10 Ways to Combat The Habit Of Hating Life

10 Ways to Combat The Habit Of Hating Life

There is no one-size-fits-all answer to overcoming the feeling of hating life, but here are ten tips that may help you get started:

Talk about your feelings with a friend or therapist

This can be an extremely effective way of getting your thoughts and feelings out in the open. It can also be helpful to have someone who will listen without judgment.

Challenge negative thoughts about yourself

When we’re feeling down about ourselves, it’s easy for our inner critical voice to take over. Start trying to catch these thoughts as they happen and challenge them head-on. For example, if you think “I’m not good enough”, try countering that thought with “I am good enough, I just made a mistake”.

Identify your strengths

Everyone has things they’re good at, it’s just a matter of identifying them. Once you know what your strengths are, start focusing on them and using them to boost your self-confidence.

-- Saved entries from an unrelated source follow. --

-- ===== src/Guarantees/Messages/Effects.antt =====
-- apply_effects: the state machine of the conversation, and of the membership that declines.
use mathlib.Core.Bool.{false≢true}
use rh_reclaw.Common.{
  ◌≡◌, refl, sym, ◌∙◌, ap, subst, ℕ, String, none, some, [], ◌∷◌, true, false, ◌&&◌, is_some, ◌==◌,
  string_eq, contains, arith, ==_iff,
}
use rh_reclaw.Common.Json.{Dict}
use rh_reclaw.Common.Rows.{find_row}
use rh_reclaw.Models.{
  Db, Conversation, ConversationState, state_eq, Participant, ParticipantStatus, participant_key,
  pair_eq,
}
use rh_reclaw.StateMachine.{resulting_conversation_state}
use rh_reclaw.Exceptions.{ServiceError}
use rh_reclaw.Session.{Session, conversation_row, participant_row}
use rh_reclaw.Session.Triple.{
  Leads, Spec-check, Spec-step, Spec-write, Spec-weaken, Checks-query, Leads-pure, Spec-if,
}
use rh_reclaw.Service.Messages.{apply_decline, apply_effects, all_non_owners_declined}
use rh_reclaw.Board.Steps.{ParticipantStep, may_turn}
use rh_reclaw.Board.Integrity.{KnownAgent}
use rh_reclaw.Board.Known.{participant_row-set_participant}
use rh_reclaw.Board.Writes.{Sound, Sound-with_audit, Sound-set_participant}
use rh_reclaw.Guarantees.Denials.{Spec-audit}
use rh_reclaw.Guarantees.Closing.{Closed, Leads-close_conversation, state_or}

-- The tables after the effects: the conversation's state is the one the state machine gives, asked
-- with the memberships as they then are; a `decline` has declined its sender, and no other message
-- changes a membership.
pub record Effected (base db : Db) (c : Conversation) (p : Participant) (message_type : String)
    (db' : Db) (c' : Conversation) : Type 0 where
  pub sound : Sound base db'
  pub messages : db'.messages ≡ db.messages
  pub conversation : conversation_row c.id db' ≡ some c'
  pub state :
      c'.state
      ≡ state_or c.state (
          resulting_conversation_state message_type
            (message_type == "decline" && all_non_owners_declined c.id db'))
  pub declined :
      message_type ≡ "decline"
      → (q : Participant) × (participant_row p.conversation_id p.agent_id db' ≡ some q)
        × (q.status ≡ ParticipantStatus.declined)
  pub others : (message_type == "decline") ≡ false → db'.participants ≡ db.participants

abbrev declined_row : Participant → Participant
declined_row p = record p { status = ParticipantStatus.declined }

decline_step :
    (p : Participant) → p.status ≡ ParticipantStatus.active → ParticipantStep p (declined_row p)
decline_step p was = record {
  role = refl;
  invited_by = refl;
  status = subst (λ a. may_turn a ParticipantStatus.declined ≡ true) (sym was) refl;
  last_read_seq = omega arith;
}

-- A message of no closing type leads to no state.
resulting-other :
    (message_type : String)
    → contains message_type ("confirm" ∷ "task_complete" ∷ "task_decline" ∷ "task_cancel" ∷ [])
      ≡ false
    → (message_type == "decline") ≡ false
    → resulting_conversation_state message_type false ≡ none
unfolding resulting_conversation_state
resulting-other message_type h k = ground arith

declined_same :
    (i : ℕ) (a b : Db)
    → a.participants ≡ b.participants
    → all_non_owners_declined i b ≡ all_non_owners_declined i a
unfolding all_non_owners_declined
declined_same i a b h = rw h refl

Effected-of_Closed :
    {base db : Db} (c : Conversation) (p : Participant) (message_type : String)
    → (message_type == "decline") ≡ false
    → (db' : Db) (c' : Conversation)
    → Closed base db c (resulting_conversation_state message_type false) db' c'
    → Effected base db c p message_type db' c'
Effected-of_Closed c p message_type other db' c' closed = record {
  sound = closed.sound;
  messages = closed.messages;
  conversation = closed.row;
  state = rw other (ap (λ (x : Conversation). x.state) closed.change);
  declined = λ e. absurd (false≢true (sym other ∙ (==_iff message_type "decline").1 e));
  others = λ _. closed.participants;
}

module _ {base db : Db} {E : ServiceError → Session → Type 0} (sound : Sound base db)
    (actor_sub : String) (sender : ℕ) (c : Conversation) (p : Participant)
    (known : KnownAgent db sender) (row : conversation_row c.id db ≡ some c)
    (is_active : c.state ≡ ConversationState.active)
    (member : participant_row p.conversation_id p.agent_id db ≡ some p)
    (may_decline : p.status ≡ ParticipantStatus.active) where
  Leads-apply_decline :
      (validated : Dict)
      → Leads base db
          (apply_decline actor_sub sender c p validated)
          (Effected base db c p "decline")
          E
  unfolding apply_decline
  Leads-apply_decline validated = Spec-step (Spec-write _) λ _ _. Spec-audit λ at.
      Spec-check (Checks-query _) λ all_declined e.
        Spec-weaken
          (λ c' s h. (
            h.0,
            h.1,
            record {
              sound = h.2.sound;
              messages = h.2.messages;
              conversation = h.2.row;
              state =
                  ap (λ (x : Conversation). x.state) h.2.change
                  ∙ ap (λ b. state_or c.state (resulting_conversation_state "decline" b))
                      (e ∙ declined_same c.id h.0 _ h.2.participants);
              declined = λ _. (
                declined_row p,
                ap (find_row participant_key (participant_key p)) h.2.participants
                    ∙ participant_row-set_participant db p (declined_row p) member,
                refl,
              );
              others = λ h. absurd (cc h);
            },
          ))
          (Leads-close_conversation
            (Sound-with_audit
              (Sound-set_participant sound p (declined_row p) member (decline_step p may_decline)) _
              known (ap is_some row) tt)
            actor_sub sender c "decline" _ known row is_active)

  pub Leads-apply_effects :
      (message_type : String) (validated : Dict)
      → Leads base db
          (apply_effects actor_sub sender c p message_type validated)
          (Effected base db c p message_type)
          E
  unfolding apply_effects
  Leads-apply_effects message_type validated =
      Spec-if _
        (λ is_decline.
          subst
            (λ t.
              Leads base db (apply_decline actor_sub sender c p validated) (Effected base db c p t)
                E)
            (sym ((==_iff message_type "decline").0 is_decline)) (Leads-apply_decline validated))
        (λ other.
          Spec-if _
            (λ closing.
              Spec-weaken
                (λ c' s h. (h.0, h.1, Effected-of_Closed c p message_type other h.0 c' h.2))
                (Leads-close_conversation sound actor_sub sender c message_type _ known row
                  is_active))
            (λ neutral. Leads-pure c (
              Effected-of_Closed c p message_type other db c (record {
                sound = sound;
                agents = refl;
                participants = refl;
                messages = refl;
                row = row;
                change = rw (resulting-other message_type neutral other) refl;
              }))))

Set realistic goals for yourself

Don’t try and take on too much at once! Start by setting small, achievable goals that will make you feel accomplished. If you work hard, you can do more than one thought. Your self-esteem will go up.

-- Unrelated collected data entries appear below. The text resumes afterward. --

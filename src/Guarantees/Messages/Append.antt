-- ===== src/Guarantees/Messages/Append.antt =====
-- append_message: the message is stored under the next number, and its effects are applied.
use rh_reclaw.Common.{
  ◌≡◌, refl, sym, ap, subst, ℕ, ◌+◌, ◌≤◌, String, ◌∷◌, false, ◌&&◌, leb, some, is_some, ◌==◌,
  string_eq, arith, ==_iff, ==-refl, nat_eq,
}
use rh_reclaw.Common.Json.{Dict, to_int, get}
use rh_reclaw.Models.{
  Db, Conversation, ConversationState, state_eq, Participant, ParticipantStatus, Message,
}
use rh_reclaw.StateMachine.{resulting_conversation_state}
use rh_reclaw.Session.{conversation_row, participant_row}
use rh_reclaw.Session.Triple.{
  Spec, Checks, Checks-weaken, Spec-check, Spec-then, Spec-step, Spec-insert, Spec-commit-pure,
  Checks-query, Checks-when, Checks-transaction_now, Checks-uuid4, At, Spec-weaken,
}
use rh_reclaw.Session.{add_message, with_message}
use rh_reclaw.Service.Messages.{append_message, check_about_seq, max_seq, all_non_owners_declined}
use rh_reclaw.Board.Integrity.{KnownAgent}
use rh_reclaw.Board.Writes.{Sound, Sound-with_message, Sound-with_audit}
use rh_reclaw.Guarantees.Denials.{Denied, Spec-audit, Fails-deny_bad_schema}
use rh_reclaw.Guarantees.Closing.{state_or}
use rh_reclaw.Guarantees.Messages.Effects.{Leads-apply_effects}

-- A needs_clarification asks about a message that is already there.
abbrev pub AsksAboutPast : String → Dict → ℕ → Type 0
AsksAboutPast message_type validated highest =
    message_type ≡ "needs_clarification" → to_int (get "about_seq" validated) ≤ highest

-- The committed tables `after`, once `m` was posted to `c` at the tables `before`.
pub record Appended (base before : Db) (c : Conversation) (p : Participant) (sender : ℕ)
    (message_type : String) (schema_version : ℕ) (validated : Dict) (m : Message) (after : Db)
    : Type 0 where
  pub sound : Sound base after
  pub stored : after.messages ≡ m ∷ before.messages
  pub seq : m.seq ≡ max_seq c.id before.messages + 1
  pub conversation_id : m.conversation_id ≡ c.id
  pub sender_id : m.sender_id ≡ sender
  pub type : m.type ≡ message_type
  pub version : m.schema_version ≡ schema_version
  pub payload : m.payload ≡ validated
  pub asks_about_past : AsksAboutPast message_type validated (max_seq c.id before.messages)
  pub conversation :
      (c' : Conversation) × (conversation_row c.id after ≡ some c')
      × (c'.state
          ≡ state_or c.state (
              resulting_conversation_state message_type
                (message_type == "decline" && all_non_owners_declined c.id after)))
  pub declined :
      message_type ≡ "decline"
      → (q : Participant) × (participant_row p.conversation_id p.agent_id after ≡ some q)
        × (q.status ≡ ParticipantStatus.declined)
  pub others : (message_type == "decline") ≡ false → after.participants ≡ before.participants

asks_about_past_of :
    (message_type : String) (about highest : ℕ)
    → (message_type == "needs_clarification" && leb (highest + 1) about) ≡ false
    → message_type ≡ "needs_clarification"
    → about ≤ highest
asks_about_past_of message_type about highest h e =
    ground (arith, ==_iff message_type "needs_clarification")

module _ {base db : Db} (sound : Sound base db) (actor_sub : String) (sender : ℕ) (c : Conversation)
    (p : Participant) (known : KnownAgent db sender) (row : conversation_row c.id db ≡ some c) where
  Checks-check_about_seq :
      (message_type : String) (validated : Dict) (highest : ℕ)
      → Checks base db
          (check_about_seq actor_sub sender c message_type validated (highest + 1))
          (λ _. AsksAboutPast message_type validated highest)
          (Denied actor_sub base)
  unfolding check_about_seq
  Checks-check_about_seq message_type validated highest =
      Checks-weaken (λ _ e. asks_about_past_of message_type _ highest e)
        (Checks-when λ _.
          Fails-deny_bad_schema sound actor_sub sender (some c.id) message_type _ known
            (ap is_some row))

  Spec-add_message :
      (m : Message)
      → Spec base db
          (add_message m)
          (λ _ s. At base (with_message m db) s × Unit)
          (Denied actor_sub base)
  unfolding add_message
  Spec-add_message m = Spec-weaken (λ _ s h. (h.0, tt)) (Spec-insert _ _ λ s at. at.committed)

  module _ (is_active : c.state ≡ ConversationState.active)
      (member : participant_row p.conversation_id p.agent_id db ≡ some p)
      (may_decline : p.status ≡ ParticipantStatus.active) where
    pub Spec-append_message :
        (message_type : String) (schema_version : ℕ) (validated : Dict)
        → Spec base db
            (append_message actor_sub sender c p message_type schema_version validated)
            (λ m s. Appended base db c p sender message_type schema_version validated m s.committed)
            (Denied actor_sub base)
    unfolding append_message
    Spec-append_message message_type schema_version validated =
        Spec-check (Checks-query _) λ highest is_highest.
          Spec-check (Checks-check_about_seq message_type validated highest) λ _ past.
            Spec-check Checks-transaction_now λ at _. Spec-check Checks-uuid4 λ id _.
              Spec-step (Spec-add_message _) λ _ _. Spec-audit λ at'.
                Spec-then
                  (Leads-apply_effects
                    (Sound-with_audit
                      (Sound-with_message sound _ known (ap is_some row)
                        (ap (λ n. n + 1) is_highest))
                      _ known (ap is_some row) (rw (==-refl id) refl))
                    actor_sub sender c p known row is_active member may_decline message_type
                    validated)
                  λ db' c' h. Spec-commit-pure _ λ s saved.
                    subst (Appended base db c p sender message_type schema_version validated _)
                      (sym saved)
                      (record {
                        sound = h.sound;
                        stored = h.messages;
                        seq = ap (λ n. n + 1) is_highest;
                        conversation_id = refl;
                        sender_id = refl;
                        type = refl;
                        version = refl;
                        payload = refl;
                        asks_about_past =
                            subst (AsksAboutPast message_type validated) is_highest past;
                        conversation = (c', h.conversation, h.state);
                        declined = h.declined;
                        others = h.others;
                      })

Create a positive affirmations routine

Repeating positive things about yourself can help you get better. Try and say these things to yourself every day. You might even want to write them down.

Surround yourself with people who care about you

If the people in your life aren’t good for you, then it’s time to start distancing yourself from them. You don’t have to cut all ties if they’re a positive influence on your life, but try and spend more time around those who give you love and support instead of bringing you down.

Avoid toxic relationships

We often feel like we need other people’s approval before doing anything important or making any choices at all. This can lead us into staying in bad situations when our gut tells us that it is not right for us. We are afraid of going against the grain. When this happens, take some time away from these negative influences so that you can reassess your relationships.

Practice self-compassion

Beating yourself up for your mistakes or shortcomings will only make you feel worse about yourself. Try to be kind and understanding towards yourself, just as you would be with a friend. Accept that you are human and therefore imperfect.

Challenge your beliefs about happiness

If you think that you will be happy if you have lots of money, a perfect partner, or an amazing job, then it is likely that you will be sad when those things are not true. Start questioning what makes you happy and try to find ways to incorporate those things into your life.

Start taking care of yourself

This could mean anything from eating healthy food and getting enough exercise to finding a therapist and starting medication. Whatever it is, make sure you’re doing whatever’s necessary to keep yourself healthy both physically and mentally.


The truth is, we all have bad days. What matters most in life are the good moments and how you make them happen. These were just a few of my thoughts about what it means to be happy. I hope that they help someone out there who needs reassurance or encouragement–or at least something different than “everything happens for a reason.”